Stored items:
Start of Block

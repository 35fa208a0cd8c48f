-- ===== src/Sps/Parse/Frame.antt =====
-- The frame fields of the parser over the bits that the synthesis writes.
use yi_outdoor_1080p_ptz.Prelude.{
  ℕ, ◌+◌, ◌*◌, ◌/◌, ◌%◌, ◌<◌, ◌≡◌, ap, List, ◌++◌, arith, length, length-append, ◌==◌, ◌||◌,
  if◌then◌else◌, Bool-cases, inl, inr, ◌⊎◌, true, false,
}
use yi_outdoor_1080p_ptz.Memory.{Buf}
use yi_outdoor_1080p_ptz.Sps.Info.{SpsInfo, blank}
use yi_outdoor_1080p_ptz.Sps.Reader.{Bits, pure, read_bit, read_ue}
use yi_outdoor_1080p_ptz.Sps.Reader.Reads.{
  Ahead, Reads, Reads-pure, Reads-bit, Reads-ue, HasBits-left, HasBits-right,
}
use yi_outdoor_1080p_ptz.Sps.Codes.{bits_of, ue_code}
use yi_outdoor_1080p_ptz.Sps.Build.Layout.{IsPlain, mb_bits, crop_bits, frame_bits}
use yi_outdoor_1080p_ptz.Sps.Parse.{read_crop, read_frame}

module _ (s : Buf) (slen : ℕ) where
  -- One reader over the front of the bits ahead.
  pub advance :
      {A : Type 0} (p : Bits A) (bs rest : List ℕ) (a : A) (pos : ℕ)
      → Reads s slen p bs a
      → Ahead s slen pos (bs ++ rest)
      → (p pos ≡ (a, pos + length bs)) × Ahead s slen (pos + length bs) rest
  advance p bs rest a pos r (h, fits) = (
    r.run pos (HasBits-left s pos bs rest h, omega (arith, length-append bs rest)),
    (HasBits-right s pos bs rest h, omega (arith, length-append bs rest)),
  )

  pub Reads-flag : (b : ℕ) → b < 2 → Reads s slen (read_bit s slen) (bits_of 1 b) b
  Reads-flag b h = let e : b / 1 % 2 ≡ b = omega arith in rw e (Reads-bit s slen b)

  module _ (si : SpsInfo) (wv hv : ℕ) (p : IsPlain si wv hv) where
    Reads-mb :
        Reads s slen (if si.fmbo == 0 then read_bit s slen else pure 0) (mb_bits si) si.mb_adaptive
    Reads-mb = elim (Bool-cases (si.fmbo == 0)) [
      | inl e ↦ rw e (Reads-flag si.mb_adaptive p.mb_bit)
      | inr e ↦
          let zero_mb : si.mb_adaptive ≡ 0 = p.mb_none (let b = p.fmbo_bit in ground arith) in
          rw (e, zero_mb) (Reads-pure s slen 0)
    ]

    -- The fields before the frame, as the parser has them when it reaches it.
    abbrev pub so_far : SpsInfo
    so_far = record blank {
      profile = si.profile;
      constraint = si.constraint;
      level = si.level;
      sps_id = si.sps_id;
      log2frm = si.log2frm;
      poc_type = 0;
      poc_lsb = si.poc_lsb;
      max_ref = si.max_ref;
    }

    abbrev framed : SpsInfo
    framed = record so_far {
      w = (wv + 1) * 16;
      h = if si.fmbo == 0 then (hv + 1) * 16 * 2 else (hv + 1) * 16;
      fmbo = si.fmbo;
      mb_adaptive = si.mb_adaptive;
      direct8x8 = si.direct8x8;
      crop_flag = si.crop_flag;
    }

    -- What the parser has read is the parameter set.
    framed-eq :
        record framed {
          crop0 = si.crop0;
          crop1 = si.crop1;
          crop2 = si.crop2;
          crop3 = si.crop3;
          valid = 1;
        }
        ≡ si
    framed-eq = ground (arith, p.poc_zero, p.w_is, p.h_is, p.is_valid)

    read_crop_lem :
        (pos : ℕ)
        → (si.crop_flag == 0) ≡ false
        → Ahead s slen pos (crop_bits si)
        → (q : ℕ) × (read_crop s slen framed pos ≡ (si, q))
    unfolding read_crop
    read_crop_lem pos e a =
        let p1 : ℕ = pos + length (ue_code si.crop0) in
        let p2 : ℕ = p1 + length (ue_code si.crop1) in
        let p3 : ℕ = p2 + length (ue_code si.crop2) in
        let p4 : ℕ = p3 + length (ue_code si.crop3) in
        let (e0, a0) =
          advance (read_ue s slen) (ue_code si.crop0)
            (ue_code si.crop1 ++ (ue_code si.crop2 ++ ue_code si.crop3)) si.crop0 pos
            (Reads-ue s slen si.crop0 (omega (arith, p.crop0_fits))) (rw e at a) in
        let (e1, a1) =
          advance (read_ue s slen) (ue_code si.crop1) (ue_code si.crop2 ++ ue_code si.crop3)
            si.crop1 p1 (Reads-ue s slen si.crop1 (omega (arith, p.crop1_fits))) a0 in
        let (e2, a2) =
          advance (read_ue s slen) (ue_code si.crop2) (ue_code si.crop3) si.crop2 p2
            (Reads-ue s slen si.crop2 (omega (arith, p.crop2_fits))) a1 in
        let e3 = (Reads-ue s slen si.crop3 (omega (arith, p.crop3_fits))).run p3 a2 in
        (p4, rw (e0, e1, e2, e3, good) (ap (λ r. (r, p4)) framed-eq))
      where
        good :
            (si.crop0 == 0xFFFF || si.crop1 == 0xFFFF || si.crop2 == 0xFFFF || si.crop3 == 0xFFFF)
            ≡ false
        good = ground (arith, p.crop0_fits, p.crop1_fits, p.crop2_fits, p.crop3_fits)

    uncropped-eq : (si.crop_flag == 0) ≡ true → record framed { valid = 1 } ≡ si
    uncropped-eq e =
        let none_is : (si.crop0 ≡ 0) × (si.crop1 ≡ 0) × (si.crop2 ≡ 0) × (si.crop3 ≡ 0) =
          p.crop_none (ground arith) in
        ground (arith, none_is, framed-eq)

    pub read_frame_lem :
        (pos : ℕ)
        → Ahead s slen pos (frame_bits si)
        → (q : ℕ) × (read_frame s slen so_far wv hv pos ≡ (si, q))
    unfolding read_frame
    read_frame_lem pos a =
        let p1 : ℕ = pos + 1 in
        let p2 : ℕ = p1 + length (mb_bits si) in
        let p3 : ℕ = p2 + 1 in
        let (e1, a1) =
          advance (read_bit s slen) (bits_of 1 si.fmbo)
            (mb_bits si ++ (bits_of 1 si.direct8x8 ++ (bits_of 1 si.crop_flag ++ crop_bits si)))
            si.fmbo pos (Reads-flag si.fmbo p.fmbo_bit) a in
        let (e2, a2) =
          advance (if si.fmbo == 0 then read_bit s slen else pure 0) (mb_bits si)
            (bits_of 1 si.direct8x8 ++ (bits_of 1 si.crop_flag ++ crop_bits si)) si.mb_adaptive p1
            Reads-mb a1 in
        let (e3, a3) =
          advance (read_bit s slen) (bits_of 1 si.direct8x8)
            (bits_of 1 si.crop_flag ++ crop_bits si) si.direct8x8 p2
            (Reads-flag si.direct8x8 p.d8_bit) a2 in
        let (e4, a4) =
          advance (read_bit s slen) (bits_of 1 si.crop_flag) (crop_bits si) si.crop_flag p3
            (Reads-flag si.crop_flag p.crop_bit) a3 in
        rw (e1, e2, e3, e4) (finish (p3 + 1) a4 (Bool-cases (si.crop_flag == 0)))
      where
        finish :
            (q : ℕ)
            → Ahead s slen q (crop_bits si)
            → ((si.crop_flag == 0) ≡ true) ⊎ ((si.crop_flag == 0) ≡ false)
            → (r : ℕ) × ((if si.crop_flag == 0
                    then pure (record framed { valid = 1 })
                    else read_crop s slen framed)
                  q
                ≡ (si, r))
        finish q a (inl e) = (q, rw e (ap (λ r. (r, q)) (uncropped-eq e)))
        finish q a (inr e) = let (r, done) = read_crop_lem q e a in (r, rw e done)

End of Block

=== WORK ORDER ===
Work through the records above. Copy every line with the string "advance".

=== RESULT FOR THIS TASK ===
  pub advance :
  advance p bs rest a pos r (h, fits) = (
          advance (read_ue s slen) (ue_code si.crop0)
          advance (read_ue s slen) (ue_code si.crop1) (ue_code si.crop2 ++ ue_code si.crop3)
          advance (read_ue s slen) (ue_code si.crop2) (ue_code si.crop3) si.crop2 p2
          advance (read_bit s slen) (bits_of 1 si.fmbo)
          advance (if si.fmbo == 0 then read_bit s slen else pure 0) (mb_bits si)
          advance (read_bit s slen) (bits_of 1 si.direct8x8)
          advance (read_bit s slen) (bits_of 1 si.crop_flag) (crop_bits si) si.crop_flag p3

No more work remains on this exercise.